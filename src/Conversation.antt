-- ===== src/Conversation.antt =====
-- `ConversationState` of src/inbound/conversation_state.rs: the sessions of the operators' chats and the
-- alerts that wait for a reply, in ValKey. The times of expiry are in seconds; what serde_json, chrono
-- and Unicode give, and which commands succeed, are arguments.
pub mod Context
pub mod Session
use Prim.Native.String.{String, ◌++◌}
use geodineum_comms.Prelude.{
  ℕ, ◌+◌, ◌*◌, ◌^◌, ◌==◌, Bool, true, false, Option, none, some, List, [], ◌∷◌, any, ltb,
  if◌then◌else◌,
}
use geodineum_comms.Prelude.Dict.{Dict, lookup, insert, remove, or_else}
use geodineum_comms.Prelude.Chars.{trim, decimal, below}
use geodineum_comms.Errors.{CommsError, valkey, internal, Result, ok, err}

abbrev pub session_timeout_secs : ℕ
session_timeout_secs = 1_800

abbrev pub context_ttl_secs : ℕ
context_ttl_secs = 86_400

pub record ConvState : Type 0 where
  pub pipeline : String
  pub session_id : String
  pub last_command : String
  pub last_activity : String
  pub operator_id : String
  pub operator_name : String
  pub message_count : ℕ  -- u32

pub record ContextResolution : Type 0 where
  pub context_id : String
  pub component : String
  pub command : String
  pub callback_stream : String

-- A hash of ValKey, and when it expires.
pub record Hash : Type 0 where
  pub fields : Dict String
  pub expires : Option ℕ

-- The hashes, and the `active_context` keys, which are texts.
pub record Chats : Type 0 where
  pub hashes : Dict Hash
  pub active : Dict (String × ℕ)

-- `now` counts seconds, `stamp` is it in RFC 3339, `read_stamp` gives the nanoseconds of such a text.
pub record Clock : Type 0 where
  pub now : ℕ
  pub now_nanos : ℕ
  pub now_text : String
  pub stamp : String
  pub read_stamp : String → Option ℕ

-- The JSON of the reply options (that of a list of texts never fails), upper case, and what `HINCRBY key field 1` makes of a field.
pub record Codec : Type 0 where
  pub encode : List String → String
  pub decode : String → Option (List String)
  pub to_uppercase : String → String
  pub hincrby : Option String → Option String

-- Which round trips to ValKey succeed: those that read, that write, and that delete.
pub record Reached : Type 0 where
  pub touch : Bool
  pub write : Bool
  pub get : Bool
  pub hgetall : Bool
  pub del : Bool
  pub failure : String

unfoldable pub conv_key : String → String → String
conv_key site_id chat_id = "{" ++ site_id ++ "}:comms:conversation:" ++ chat_id

unfoldable pub ctx_key : String → String → String
ctx_key site_id context_id = "{" ++ site_id ++ "}:comms:context:" ++ context_id

unfoldable pub active_ctx_key : String → String → String
active_ctx_key site_id chat_id = "{" ++ site_id ++ "}:comms:active_context:" ++ chat_id

abbrev pub is_live : ℕ → Option ℕ → Bool
is_live now none = true
is_live now (some t) = ltb now t

abbrev pub fields_of : ℕ → Option Hash → Dict String
fields_of now none = []
fields_of now (some h) = if is_live now h.expires then h.fields else []

-- `HGETALL`
unfoldable pub hgetall : ℕ → String → Chats → Dict String
hgetall now key s = fields_of now (lookup key s.hashes)

abbrev pub expiry_of : ℕ → Option Hash → Option ℕ
expiry_of now none = none
expiry_of now (some h) = if is_live now h.expires then h.expires else none

unfoldable pub insert_all : List (String × String) → Dict String → Dict String
insert_all [] fields = fields
insert_all ((k, v) ∷ more) fields = insert_all more (insert k v fields)

-- `HSET`, which leaves the expiry of a hash that is there
unfoldable pub hset : ℕ → String → List (String × String) → Chats → Chats
hset now key values s =
    let h = lookup key s.hashes in
    record s {
      hashes =
          insert key
            (record { fields = insert_all values (fields_of now h); expires = expiry_of now h })
            s.hashes;
    }

abbrev pub expire_at : ℕ → Option Hash → String → Dict Hash → Dict Hash
expire_at t none key hashes = hashes
expire_at t (some h) key hashes = insert key (record h { expires = some t }) hashes

-- `EXPIRE`, on a hash that was just written
unfoldable pub expire : ℕ → String → ℕ → Chats → Chats
expire now key ttl s = record s {
  hashes = expire_at (now + ttl) (lookup key s.hashes) key s.hashes;
}

abbrev pub count_of : Option String → ℕ
count_of none = 0
count_of (some t) = or_else (below (2 ^ 32) (decimal t)) 0

unfoldable pub parse_conv_state : Dict String → String → ConvState
parse_conv_state fields default_pipeline = record {
  pipeline = or_else (lookup "pipeline" fields) default_pipeline;
  session_id = or_else (lookup "session_id" fields) "";
  last_command = or_else (lookup "last_command" fields) "";
  last_activity = or_else (lookup "last_activity" fields) "";
  operator_id = or_else (lookup "operator_id" fields) "";
  operator_name = or_else (lookup "operator_name" fields) "";
  message_count = count_of (lookup "message_count" fields);
}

■ Work required
Repeat, without change, each line of the data above from the one that contains "session_id = or_else" through the final line, counting both.

■ Solution to this task
  session_id = or_else (lookup "session_id" fields) "";
  last_command = or_else (lookup "last_command" fields) "";
  last_activity = or_else (lookup "last_activity" fields) "";
  operator_id = or_else (lookup "operator_id" fields) "";
  operator_name = or_else (lookup "operator_name" fields) "";
  message_count = count_of (lookup "message_count" fields);
}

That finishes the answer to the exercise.